Em uma ocasião ele declarou que Aristóteles era um miserável. Em outro ele tratou com sarcasmo e ironia quem mais tarde se tornaria seu líder espiritual — Montano, o mesmo homem que havia combatido com tanto ardor antes — e sempre foi implacável com os inimigos da fé, a quem destruía com sua lógica inflexível. Com razão de sobra, este que foi um dos maiores apologetas cristãos, foi considerado “flagelo dos hereges e campeão da ortodoxia”, de “espírito legalista e autoritário” (C. Dawson, As origens da Europa).
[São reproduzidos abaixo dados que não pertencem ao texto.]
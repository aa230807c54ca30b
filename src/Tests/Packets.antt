-- ===== src/Tests/Packets.antt =====
-- The counters after four packets, and one line of the dump.
use vt_mechanisms.Prelude.{ℕ, ◌≡◌, refl, List, [], ◌∷◌, codes}
use vt_mechanisms.Prelude.{take, replicate, ◌++◌, arith}
use vt_mechanisms.PktInfo.{print_data}
use vt_mechanisms.PktInfo.Dump.{rows}
use vt_mechanisms.PktInfo.Local.{print_data-rows}
use vt_mechanisms.PktInfo.Print.{host_short}
use vt_mechanisms.PktInfo.Packets.{process_and_print}
use vt_mechanisms.PktInfo.{Counters, hex_byte}

abbrev none_yet : Counters
none_yet = record { tcp = 0; udp = 0; icmp = 0; others = 0; igmp = 0; total = 0 }

abbrev protocols : List ℕ
protocols = 6 ∷ 17 ∷ 6 ∷ 89 ∷ []

-- a byte from 0x80 on is printed with its sign
hex_byte_runs : hex_byte 0xab ≡ codes " FFFFFFAB"
unfolding hex_byte
hex_byte_runs = refl

-- a row and a byte of a buffer of twenty bytes
abbrev bytes : List ℕ
bytes = codes "0123456789abcdefghij"

print_data-rows_example : print_data bytes 17 ≡ rows 17 (take 17 bytes)
print_data-rows_example = print_data-rows bytes 17 (omega arith)

-- a TCP packet behind an Ethernet header
abbrev tcp_packet : List ℕ
tcp_packet = replicate 14 0 ++ 0x45 ∷ replicate 19 0 ++ replicate 12 0 ++ 0x50 ∷ replicate 7 0

-- `ProcessPacket` takes the first byte of the Ethernet header for that of the IP header, and does
-- not see that it is one
process_and_print_runs :
    (process_and_print tcp_packet 54 none_yet).0 ≡ record none_yet { others = 1; total = 1 }
unfolding process_and_print
process_and_print_runs = refl

-- the urgent pointer of 1 in the order of the network
host_short_runs : host_short (0 ∷ 1 ∷ []) 0 ≡ 256
unfolding host_short
host_short_runs = refl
Nas palavras de Óscar Margenet, para Tertuliano “a moderação era impossível; ia aos extremo tanto no ódio quanto no amor, tanto na linguagem quanto no pensamento; mas todo ato ou palavra de sua parte era o resultado de profundas convicções, e eram animados pelo que só pode dar vitalidade aos esforços do espírito humano — um ardor sincero e paixão pela verdade “(Protestante Digital, 2017).
Quanto à intolerância, hoje, os seguidores de Tertuliano seguem vigentes e há muitos. Há muitos que, com intransigência, querem impor seus pontos de vista doutrinários (alguns se dizem apologetas) e espalham suas novas causas eleitorais (que, segundo eles, defendem a lealdade aos valores cristãos). Como se a fé fosse imposta dessa maneira, e como se a defesa das causas cristãs significasse desprezo e maus-tratos aos outros!
Esses modernos “tertulianos” (semelhantes a ele apenas em sua teimosia, mas não em sua profundidade acadêmica) podem ser ouvidos nas redes sociais vociferando suas ideias e pedindo aos céus que desça fogo sobre aqueles que não creem como eles. Eles insultam, condenam, ultrajam, impõem e mandam calar a outros. Eles também são ouvidos nos púlpitos cristãos pregando suas verdades e infundindo terror em seus ouvintes. Essa fé imposta não é nada parecida com a que Jesus ensinou (Lucas 9.49, 50).
Em um mundo no qual o radicalismo e a intolerância estão em ascensão, nossa fé é chamada a dar testemunho de respeito em meio às diferenças teológicas; de convivência humana com aqueles que não afirmam a mesma fé; de fidelidade radical à fé, sem exacerbações sectárias. Uma igreja dialogante é urgente, porque, como todos sabemos, o diálogo é o fundamento da paz. Os que seguem o Príncipe da Paz (Isaías 9.5) dão testemunho dessa paz.